CO2-oxidative ethane dehydrogenation over highly efficient carbon-resistant Fe-catalysts

Abstract

Ethylene is a very important raw material for chemical industry, which can be produced from the underutilized ethane, originating from shale gas, through the oxidative ethane dehydrogenation (EDH) using CO2 as a mild oxidant. Two 5 wt%Fe-based catalysts, supported on mixed MgO-ZrO2 and NiO-MgO-ZrO2 oxides, prepared by auto-combustion sol-gel method, were investigated for CO2-EDH. The crystallographic structure of the catalysts was examined by X-ray diffraction (XRD), while the surface composition and oxidation state were identified using X-ray photoelectron spectroscopy (XPS).
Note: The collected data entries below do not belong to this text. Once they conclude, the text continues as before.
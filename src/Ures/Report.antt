-- ===== src/Ures/Report.antt =====
-- src/ures/report.c: the line that is printed for a request, as its columns. Formatting the columns
-- as text is left to printf(3) and inet_ntop(3).
use nemo_core.Prelude.{ℕ, Bool, true, Option, none, some, List, [], ◌∷◌, ◌==◌, if◌then◌else◌}
use nemo_core.Word.{u32}
use nemo_core.Convert.{tipv6}
use nemo_core.Payload.{Payload}
use nemo_core.Ures.Config.{Config}

-- The binary address given to inet_ntop(3).
pub data Address : Type 0 where
  v4 : ℕ → Address
  v6 : List ℕ → Address

-- `none` is "N/A".
unfoldable pub ttl_column : ℕ → Option ℕ
ttl_column ttl = if ttl == 0 then none else some ttl

pub record Row : Type 0 where
  pub key : ℕ
  pub len : ℕ
  pub seq_num : ℕ
  pub seq_len : ℕ
  pub host_req : List ℕ
  pub addr_req : Address
  pub port_req : ℕ
  pub host_res : List ℕ
  pub ttl_dep_req : ℕ
  pub ttl_arr_res : Option ℕ
  pub real_dep_req : ℕ
  pub real_arr_res : ℕ
  pub mono_dep_req : ℕ
  pub mono_arr_res : ℕ

unfoldable pub report_event : Payload → List ℕ → ℕ → ℕ → ℕ → Config → Option Row
unfolding ttl_column
report_event pl hn la ha pn cf =
    if cf.cf_sil
    then none
    else some (record {
      key = pl.pl_key;
      len = pl.pl_len;
      seq_num = pl.pl_snum;
      seq_len = pl.pl_slen;
      host_req = pl.pl_host;
      addr_req = if cf.cf_ipv4 then v4 (u32 la) else v6 (tipv6 la ha);
      port_req = pn;
      host_res = hn;
      ttl_dep_req = pl.pl_ttl1;
      ttl_arr_res = ttl_column pl.pl_ttl2;
      real_dep_req = pl.pl_rtm1;
      real_arr_res = pl.pl_rtm2;
      mono_dep_req = pl.pl_mtm1;
      mono_arr_res = pl.pl_mtm2;
    })

-- The columns that the header line names.
pub data Column : Type 0 where
  key_column len_column seq_num_column seq_len_column : Column
  host_req_column addr_req_column port_req_column host_res_column : Column
  ttl_dep_req_column ttl_arr_res_column : Column
  real_dep_req_column real_arr_res_column : Column
  mono_dep_req_column mono_arr_res_column : Column

unfoldable pub report_header : Config → Option (List Column)
report_header cf =
    if cf.cf_sil
    then none
    else some (
        key_column ∷ len_column ∷ seq_num_column ∷ seq_len_column ∷ host_req_column
        ∷ addr_req_column ∷ port_req_column ∷ host_res_column ∷ ttl_dep_req_column
        ∷ ttl_arr_res_column ∷ real_dep_req_column ∷ real_arr_res_column ∷ mono_dep_req_column
        ∷ mono_arr_res_column ∷ [])

-- `fflush` is false where fflush(3) returns -1.
unfoldable pub flush_report_stream : Bool → Config → Bool
flush_report_stream fflush cf = if cf.cf_sil then true else fflush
The effect of catalyst pre-treatment, reduction by H2, on catalytic activity, selectivity and carbon-resistance was evaluated for the studied samples.Both catalysts provided high ethylene selectivity and activity during CO2-oxidative dehydrogenation of C2H6 at 873 K, atmospheric pressure and equimolar CO2/C2H6 ratio. The addition of NiO in the support material had a promoting effect, since it resulted in a catalyst with a twofold higher activity. Similarly, the selectivity towards C2H4 remained at high levels, above 70%, slightly increased, as it was exemplified during an iso-conversion experiment. The best candidate lost 25% of its initial activity during the first 3 h of a stability test, while it remained unchanged from 3 to 17 h. Deposited carbon was negligible, whereas sintering was identified as the main deactivation reason. Systematic XPS analysis revealed that deposition of Fe on NiO-MgO-ZrO2 support significantly affected the local environment of Ni, contributing to the enhanced catalytic performance. Increased Fe2+ concentration was found for the “used” Fe-catalyst supported on NiO-MgO-ZrO2, compared to the “as-prepared”, implying partial reduction of Fe during CO2-EDH reaction, as it was also observed by HRTEM.